◆ PROBLEM TO SOLVE
Reproduce the entries shown below only from the line with "unfolding after next_status" down to the line with "abbrev pub IsDone", keeping both end lines and copying each one exactly.

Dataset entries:
++++++++

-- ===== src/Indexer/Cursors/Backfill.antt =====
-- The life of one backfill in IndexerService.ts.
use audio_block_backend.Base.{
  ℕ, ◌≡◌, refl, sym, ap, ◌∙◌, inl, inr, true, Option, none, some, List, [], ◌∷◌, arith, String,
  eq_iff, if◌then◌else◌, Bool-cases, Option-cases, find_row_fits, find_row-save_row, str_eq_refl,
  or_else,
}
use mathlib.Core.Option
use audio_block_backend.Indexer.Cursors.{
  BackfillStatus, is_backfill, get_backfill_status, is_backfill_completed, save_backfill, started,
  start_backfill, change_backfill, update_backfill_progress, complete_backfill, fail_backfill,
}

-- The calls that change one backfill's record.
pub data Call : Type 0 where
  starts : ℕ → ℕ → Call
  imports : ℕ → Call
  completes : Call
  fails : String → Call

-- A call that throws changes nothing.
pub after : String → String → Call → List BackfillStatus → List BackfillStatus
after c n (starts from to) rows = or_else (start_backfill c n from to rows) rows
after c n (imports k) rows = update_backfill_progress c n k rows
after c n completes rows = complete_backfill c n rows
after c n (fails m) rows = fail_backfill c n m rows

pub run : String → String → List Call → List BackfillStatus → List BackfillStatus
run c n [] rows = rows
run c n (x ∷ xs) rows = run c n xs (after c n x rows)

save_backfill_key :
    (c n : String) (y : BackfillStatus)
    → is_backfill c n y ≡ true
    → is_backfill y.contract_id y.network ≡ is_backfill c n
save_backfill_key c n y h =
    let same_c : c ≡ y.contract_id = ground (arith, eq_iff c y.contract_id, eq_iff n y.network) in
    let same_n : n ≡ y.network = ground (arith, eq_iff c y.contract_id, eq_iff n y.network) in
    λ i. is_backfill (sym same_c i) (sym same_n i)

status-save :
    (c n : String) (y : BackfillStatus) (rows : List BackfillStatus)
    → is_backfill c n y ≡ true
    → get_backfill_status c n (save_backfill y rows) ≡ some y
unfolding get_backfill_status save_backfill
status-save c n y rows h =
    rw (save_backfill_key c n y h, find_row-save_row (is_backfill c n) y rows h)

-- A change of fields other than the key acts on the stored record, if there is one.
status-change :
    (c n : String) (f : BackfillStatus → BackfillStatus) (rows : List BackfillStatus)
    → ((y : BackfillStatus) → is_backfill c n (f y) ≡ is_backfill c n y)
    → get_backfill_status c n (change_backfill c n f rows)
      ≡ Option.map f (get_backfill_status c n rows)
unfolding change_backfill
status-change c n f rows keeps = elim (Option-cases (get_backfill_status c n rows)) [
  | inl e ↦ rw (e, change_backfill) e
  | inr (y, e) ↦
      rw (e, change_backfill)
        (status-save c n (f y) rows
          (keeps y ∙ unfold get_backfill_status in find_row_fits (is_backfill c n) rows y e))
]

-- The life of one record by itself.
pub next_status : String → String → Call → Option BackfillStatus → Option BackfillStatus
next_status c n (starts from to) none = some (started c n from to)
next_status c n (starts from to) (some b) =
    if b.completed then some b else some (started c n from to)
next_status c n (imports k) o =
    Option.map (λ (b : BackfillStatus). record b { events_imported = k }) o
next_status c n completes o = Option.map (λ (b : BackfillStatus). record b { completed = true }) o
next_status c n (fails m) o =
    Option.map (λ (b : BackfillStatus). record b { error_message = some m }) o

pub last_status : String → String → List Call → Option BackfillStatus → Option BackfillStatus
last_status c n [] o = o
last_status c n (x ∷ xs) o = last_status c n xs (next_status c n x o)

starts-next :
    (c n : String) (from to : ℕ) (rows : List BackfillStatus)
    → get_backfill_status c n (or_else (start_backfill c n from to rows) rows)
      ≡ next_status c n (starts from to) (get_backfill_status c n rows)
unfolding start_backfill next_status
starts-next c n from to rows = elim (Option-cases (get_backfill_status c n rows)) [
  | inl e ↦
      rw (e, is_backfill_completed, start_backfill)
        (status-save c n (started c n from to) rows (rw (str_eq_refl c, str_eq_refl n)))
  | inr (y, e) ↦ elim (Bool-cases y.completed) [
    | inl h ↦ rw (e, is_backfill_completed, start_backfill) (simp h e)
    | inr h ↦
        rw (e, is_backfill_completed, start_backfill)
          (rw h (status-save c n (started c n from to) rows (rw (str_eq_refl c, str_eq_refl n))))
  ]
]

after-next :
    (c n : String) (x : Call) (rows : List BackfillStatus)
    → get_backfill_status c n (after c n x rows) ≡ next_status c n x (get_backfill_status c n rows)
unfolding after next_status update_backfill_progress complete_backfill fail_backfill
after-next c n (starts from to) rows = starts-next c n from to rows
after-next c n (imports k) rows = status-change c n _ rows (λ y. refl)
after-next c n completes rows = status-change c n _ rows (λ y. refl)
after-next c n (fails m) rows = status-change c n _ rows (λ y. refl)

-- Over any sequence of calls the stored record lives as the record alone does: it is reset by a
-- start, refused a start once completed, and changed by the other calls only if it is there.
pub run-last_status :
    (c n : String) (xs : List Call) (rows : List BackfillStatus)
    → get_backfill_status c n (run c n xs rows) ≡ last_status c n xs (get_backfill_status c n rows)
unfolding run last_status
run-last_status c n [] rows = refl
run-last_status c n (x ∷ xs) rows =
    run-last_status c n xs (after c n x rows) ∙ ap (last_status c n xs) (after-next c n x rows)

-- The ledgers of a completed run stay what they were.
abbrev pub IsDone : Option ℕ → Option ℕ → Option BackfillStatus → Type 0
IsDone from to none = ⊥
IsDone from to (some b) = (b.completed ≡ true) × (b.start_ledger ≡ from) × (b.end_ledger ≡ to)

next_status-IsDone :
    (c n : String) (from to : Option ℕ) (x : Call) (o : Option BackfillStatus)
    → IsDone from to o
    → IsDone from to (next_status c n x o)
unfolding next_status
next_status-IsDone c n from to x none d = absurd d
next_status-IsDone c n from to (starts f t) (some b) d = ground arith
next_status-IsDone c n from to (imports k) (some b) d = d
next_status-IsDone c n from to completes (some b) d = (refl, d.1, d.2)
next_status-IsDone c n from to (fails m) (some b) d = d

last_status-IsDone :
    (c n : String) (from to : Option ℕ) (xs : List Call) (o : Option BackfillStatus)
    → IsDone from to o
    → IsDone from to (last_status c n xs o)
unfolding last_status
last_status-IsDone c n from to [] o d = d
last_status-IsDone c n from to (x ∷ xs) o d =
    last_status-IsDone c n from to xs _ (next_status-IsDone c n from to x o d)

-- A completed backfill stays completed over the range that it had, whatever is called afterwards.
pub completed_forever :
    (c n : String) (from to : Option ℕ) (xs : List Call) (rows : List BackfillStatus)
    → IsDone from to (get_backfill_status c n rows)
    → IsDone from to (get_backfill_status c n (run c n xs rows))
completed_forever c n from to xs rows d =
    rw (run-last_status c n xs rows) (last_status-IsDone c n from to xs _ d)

++++++++

◆ TASK ANSWER
unfolding after next_status update_backfill_progress complete_backfill fail_backfill
after-next c n (starts from to) rows = starts-next c n from to rows
after-next c n (imports k) rows = status-change c n _ rows (λ y. refl)
after-next c n completes rows = status-change c n _ rows (λ y. refl)
after-next c n (fails m) rows = status-change c n _ rows (λ y. refl)

-- Over any sequence of calls the stored record lives as the record alone does: it is reset by a
-- start, refused a start once completed, and changed by the other calls only if it is there.
pub run-last_status :
    (c n : String) (xs : List Call) (rows : List BackfillStatus)
    → get_backfill_status c n (run c n xs rows) ≡ last_status c n xs (get_backfill_status c n rows)
unfolding run last_status
run-last_status c n [] rows = refl
run-last_status c n (x ∷ xs) rows =
    run-last_status c n xs (after c n x rows) ∙ ap (last_status c n xs) (after-next c n x rows)

-- The ledgers of a completed run stay what they were.
abbrev pub IsDone : Option ℕ → Option ℕ → Option BackfillStatus → Type 0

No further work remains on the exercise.